Data excerpts:
▽

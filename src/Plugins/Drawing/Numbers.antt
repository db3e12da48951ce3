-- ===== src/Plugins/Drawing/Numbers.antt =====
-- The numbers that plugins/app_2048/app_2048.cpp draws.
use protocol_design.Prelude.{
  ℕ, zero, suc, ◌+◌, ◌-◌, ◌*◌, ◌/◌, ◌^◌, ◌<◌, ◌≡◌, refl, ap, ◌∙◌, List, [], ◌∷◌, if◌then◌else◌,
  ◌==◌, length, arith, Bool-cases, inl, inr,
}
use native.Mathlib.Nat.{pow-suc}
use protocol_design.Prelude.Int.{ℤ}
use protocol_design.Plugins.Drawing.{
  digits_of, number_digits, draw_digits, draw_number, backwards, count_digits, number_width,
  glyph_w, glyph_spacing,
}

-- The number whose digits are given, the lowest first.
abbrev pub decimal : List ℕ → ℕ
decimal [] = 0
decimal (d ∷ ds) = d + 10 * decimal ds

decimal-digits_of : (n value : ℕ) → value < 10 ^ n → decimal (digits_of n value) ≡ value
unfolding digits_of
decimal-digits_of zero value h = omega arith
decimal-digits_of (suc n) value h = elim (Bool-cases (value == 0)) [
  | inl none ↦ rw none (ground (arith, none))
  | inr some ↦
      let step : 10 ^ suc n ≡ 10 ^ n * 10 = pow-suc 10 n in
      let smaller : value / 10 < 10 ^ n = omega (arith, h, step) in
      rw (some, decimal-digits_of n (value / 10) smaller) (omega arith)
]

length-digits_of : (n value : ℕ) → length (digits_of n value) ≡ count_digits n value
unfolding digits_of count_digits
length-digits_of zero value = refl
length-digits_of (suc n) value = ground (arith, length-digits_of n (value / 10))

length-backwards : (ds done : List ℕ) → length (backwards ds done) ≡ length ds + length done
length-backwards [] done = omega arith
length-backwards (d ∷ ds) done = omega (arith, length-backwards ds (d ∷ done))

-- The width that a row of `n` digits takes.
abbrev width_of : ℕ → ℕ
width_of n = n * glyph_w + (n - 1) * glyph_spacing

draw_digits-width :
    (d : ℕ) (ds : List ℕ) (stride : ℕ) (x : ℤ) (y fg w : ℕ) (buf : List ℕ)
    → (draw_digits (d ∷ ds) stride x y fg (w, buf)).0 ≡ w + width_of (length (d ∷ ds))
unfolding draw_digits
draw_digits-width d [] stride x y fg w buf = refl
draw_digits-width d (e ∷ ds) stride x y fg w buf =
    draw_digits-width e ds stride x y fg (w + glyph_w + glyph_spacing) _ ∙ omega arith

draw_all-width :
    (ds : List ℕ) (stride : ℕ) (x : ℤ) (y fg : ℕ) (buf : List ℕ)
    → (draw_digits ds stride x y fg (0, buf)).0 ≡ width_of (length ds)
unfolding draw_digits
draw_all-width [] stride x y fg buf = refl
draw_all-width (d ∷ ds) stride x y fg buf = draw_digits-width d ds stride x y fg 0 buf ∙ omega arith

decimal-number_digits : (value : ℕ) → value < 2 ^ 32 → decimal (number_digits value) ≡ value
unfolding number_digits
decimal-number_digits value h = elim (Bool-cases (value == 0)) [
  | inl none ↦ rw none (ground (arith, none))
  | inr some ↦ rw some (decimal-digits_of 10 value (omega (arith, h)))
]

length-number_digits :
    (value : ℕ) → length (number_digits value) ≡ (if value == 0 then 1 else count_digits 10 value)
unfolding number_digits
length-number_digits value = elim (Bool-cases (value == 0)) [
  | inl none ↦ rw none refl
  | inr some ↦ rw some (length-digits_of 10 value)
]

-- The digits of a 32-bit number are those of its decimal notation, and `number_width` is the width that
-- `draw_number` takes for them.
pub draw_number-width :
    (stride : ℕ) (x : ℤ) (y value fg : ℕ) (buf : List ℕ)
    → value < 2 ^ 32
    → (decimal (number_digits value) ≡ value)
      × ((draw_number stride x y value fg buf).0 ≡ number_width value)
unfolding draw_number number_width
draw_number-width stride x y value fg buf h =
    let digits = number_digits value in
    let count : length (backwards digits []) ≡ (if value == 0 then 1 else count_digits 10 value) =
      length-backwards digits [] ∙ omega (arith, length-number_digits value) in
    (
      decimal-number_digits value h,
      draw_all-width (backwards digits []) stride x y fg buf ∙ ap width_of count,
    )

△
▽

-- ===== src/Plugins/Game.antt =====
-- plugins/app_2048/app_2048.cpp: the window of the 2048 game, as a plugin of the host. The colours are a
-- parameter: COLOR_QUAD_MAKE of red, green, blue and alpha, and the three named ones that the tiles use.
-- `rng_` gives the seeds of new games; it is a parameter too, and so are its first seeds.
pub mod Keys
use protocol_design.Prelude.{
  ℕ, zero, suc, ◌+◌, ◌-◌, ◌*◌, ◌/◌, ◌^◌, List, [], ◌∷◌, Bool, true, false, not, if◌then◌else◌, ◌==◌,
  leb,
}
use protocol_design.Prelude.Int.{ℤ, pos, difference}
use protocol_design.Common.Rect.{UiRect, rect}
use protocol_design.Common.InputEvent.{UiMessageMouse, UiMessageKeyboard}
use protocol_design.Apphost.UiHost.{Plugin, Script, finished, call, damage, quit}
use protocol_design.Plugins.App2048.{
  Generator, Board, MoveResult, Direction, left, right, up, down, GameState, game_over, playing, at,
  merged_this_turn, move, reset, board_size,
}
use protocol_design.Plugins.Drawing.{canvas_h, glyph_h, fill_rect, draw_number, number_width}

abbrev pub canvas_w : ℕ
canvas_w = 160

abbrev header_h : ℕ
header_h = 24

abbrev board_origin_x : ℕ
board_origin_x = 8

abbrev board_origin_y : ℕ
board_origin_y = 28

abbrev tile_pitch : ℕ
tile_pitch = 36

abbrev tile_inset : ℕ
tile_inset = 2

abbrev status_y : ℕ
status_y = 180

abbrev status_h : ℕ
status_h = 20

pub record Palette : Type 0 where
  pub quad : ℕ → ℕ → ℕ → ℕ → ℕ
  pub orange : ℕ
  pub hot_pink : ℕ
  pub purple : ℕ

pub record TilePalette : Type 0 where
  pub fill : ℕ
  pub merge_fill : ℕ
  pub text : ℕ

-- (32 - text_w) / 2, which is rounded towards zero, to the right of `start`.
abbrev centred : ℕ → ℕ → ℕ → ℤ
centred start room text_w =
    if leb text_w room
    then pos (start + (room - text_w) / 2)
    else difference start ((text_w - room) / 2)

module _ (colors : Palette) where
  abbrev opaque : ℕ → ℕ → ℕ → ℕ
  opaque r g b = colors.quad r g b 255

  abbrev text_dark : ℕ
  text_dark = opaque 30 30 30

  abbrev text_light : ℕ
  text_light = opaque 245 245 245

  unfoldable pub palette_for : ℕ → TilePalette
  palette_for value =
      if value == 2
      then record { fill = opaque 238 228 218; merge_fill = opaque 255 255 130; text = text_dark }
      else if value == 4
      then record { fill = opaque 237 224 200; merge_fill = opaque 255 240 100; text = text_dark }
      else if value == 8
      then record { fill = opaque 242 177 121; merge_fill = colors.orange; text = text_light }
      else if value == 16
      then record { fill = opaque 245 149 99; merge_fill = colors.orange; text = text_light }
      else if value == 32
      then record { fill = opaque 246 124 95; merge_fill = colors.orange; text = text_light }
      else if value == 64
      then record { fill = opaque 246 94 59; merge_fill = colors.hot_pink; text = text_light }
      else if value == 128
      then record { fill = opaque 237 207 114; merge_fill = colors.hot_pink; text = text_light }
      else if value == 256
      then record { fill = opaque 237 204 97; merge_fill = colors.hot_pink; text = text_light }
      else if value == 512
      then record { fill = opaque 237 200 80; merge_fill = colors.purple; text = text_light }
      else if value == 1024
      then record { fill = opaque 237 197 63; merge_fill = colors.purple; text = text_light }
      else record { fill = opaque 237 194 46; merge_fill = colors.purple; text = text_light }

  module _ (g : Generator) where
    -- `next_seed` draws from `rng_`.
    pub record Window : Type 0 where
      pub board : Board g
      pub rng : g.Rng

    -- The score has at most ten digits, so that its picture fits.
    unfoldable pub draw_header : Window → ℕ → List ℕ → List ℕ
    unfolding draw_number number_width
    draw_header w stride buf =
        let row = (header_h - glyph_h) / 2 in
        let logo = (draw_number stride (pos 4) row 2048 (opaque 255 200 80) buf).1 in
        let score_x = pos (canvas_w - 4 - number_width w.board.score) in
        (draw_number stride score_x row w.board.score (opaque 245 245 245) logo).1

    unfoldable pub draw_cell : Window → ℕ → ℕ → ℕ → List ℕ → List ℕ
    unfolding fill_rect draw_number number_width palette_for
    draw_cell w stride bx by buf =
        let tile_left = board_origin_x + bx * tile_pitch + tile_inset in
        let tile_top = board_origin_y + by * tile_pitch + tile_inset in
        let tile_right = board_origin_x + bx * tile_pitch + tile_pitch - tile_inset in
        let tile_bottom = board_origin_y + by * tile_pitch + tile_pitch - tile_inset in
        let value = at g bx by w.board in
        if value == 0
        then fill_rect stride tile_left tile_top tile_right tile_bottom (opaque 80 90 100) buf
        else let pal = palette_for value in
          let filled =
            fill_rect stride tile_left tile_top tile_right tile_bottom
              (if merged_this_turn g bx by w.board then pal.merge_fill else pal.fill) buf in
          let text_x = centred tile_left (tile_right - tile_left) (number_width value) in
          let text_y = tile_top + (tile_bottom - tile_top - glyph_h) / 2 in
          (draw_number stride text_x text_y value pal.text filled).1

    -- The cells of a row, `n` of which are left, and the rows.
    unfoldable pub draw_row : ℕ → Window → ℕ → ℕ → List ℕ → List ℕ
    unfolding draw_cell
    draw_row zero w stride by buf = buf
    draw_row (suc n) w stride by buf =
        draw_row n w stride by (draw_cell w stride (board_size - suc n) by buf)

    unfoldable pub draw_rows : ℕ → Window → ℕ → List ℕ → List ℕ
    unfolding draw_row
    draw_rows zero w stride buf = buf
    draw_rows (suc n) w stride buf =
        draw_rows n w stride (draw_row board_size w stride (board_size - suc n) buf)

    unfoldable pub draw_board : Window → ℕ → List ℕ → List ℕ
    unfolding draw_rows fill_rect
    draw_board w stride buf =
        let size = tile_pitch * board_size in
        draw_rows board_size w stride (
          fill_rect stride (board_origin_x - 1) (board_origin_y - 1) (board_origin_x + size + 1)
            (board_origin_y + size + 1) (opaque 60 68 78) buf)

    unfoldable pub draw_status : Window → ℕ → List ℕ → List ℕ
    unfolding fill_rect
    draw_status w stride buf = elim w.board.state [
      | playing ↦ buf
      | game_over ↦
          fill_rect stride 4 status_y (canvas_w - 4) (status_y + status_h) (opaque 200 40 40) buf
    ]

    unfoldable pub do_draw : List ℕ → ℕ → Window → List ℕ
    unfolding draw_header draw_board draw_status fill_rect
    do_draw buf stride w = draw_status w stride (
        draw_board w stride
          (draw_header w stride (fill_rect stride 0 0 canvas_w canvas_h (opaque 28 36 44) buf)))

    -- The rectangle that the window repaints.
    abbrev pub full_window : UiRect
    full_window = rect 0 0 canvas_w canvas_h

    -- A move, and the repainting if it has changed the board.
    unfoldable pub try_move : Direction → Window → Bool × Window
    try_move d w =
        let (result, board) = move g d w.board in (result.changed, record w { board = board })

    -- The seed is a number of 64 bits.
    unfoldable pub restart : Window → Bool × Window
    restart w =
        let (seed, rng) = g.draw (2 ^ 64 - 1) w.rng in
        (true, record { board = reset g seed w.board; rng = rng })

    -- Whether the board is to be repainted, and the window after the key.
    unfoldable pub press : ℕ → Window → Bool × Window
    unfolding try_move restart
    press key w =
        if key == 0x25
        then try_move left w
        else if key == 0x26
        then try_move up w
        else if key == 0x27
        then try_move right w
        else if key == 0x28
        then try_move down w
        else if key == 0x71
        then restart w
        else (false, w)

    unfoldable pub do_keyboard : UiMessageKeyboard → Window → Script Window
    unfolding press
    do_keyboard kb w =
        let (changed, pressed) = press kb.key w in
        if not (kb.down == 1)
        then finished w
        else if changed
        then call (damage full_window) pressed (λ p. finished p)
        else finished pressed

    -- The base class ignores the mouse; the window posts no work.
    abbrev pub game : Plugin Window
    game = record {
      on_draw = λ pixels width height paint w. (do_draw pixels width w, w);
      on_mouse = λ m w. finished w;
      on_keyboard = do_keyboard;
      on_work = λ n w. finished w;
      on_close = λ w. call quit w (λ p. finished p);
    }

△

WHAT THE TASK ASKS: Which lines hold the string "reset"? Copy all of them from the data above.

RESULT FOR THIS EXERCISE:
  merged_this_turn, move, reset, board_size,
        (true, record { board = reset g seed w.board; rng = rng })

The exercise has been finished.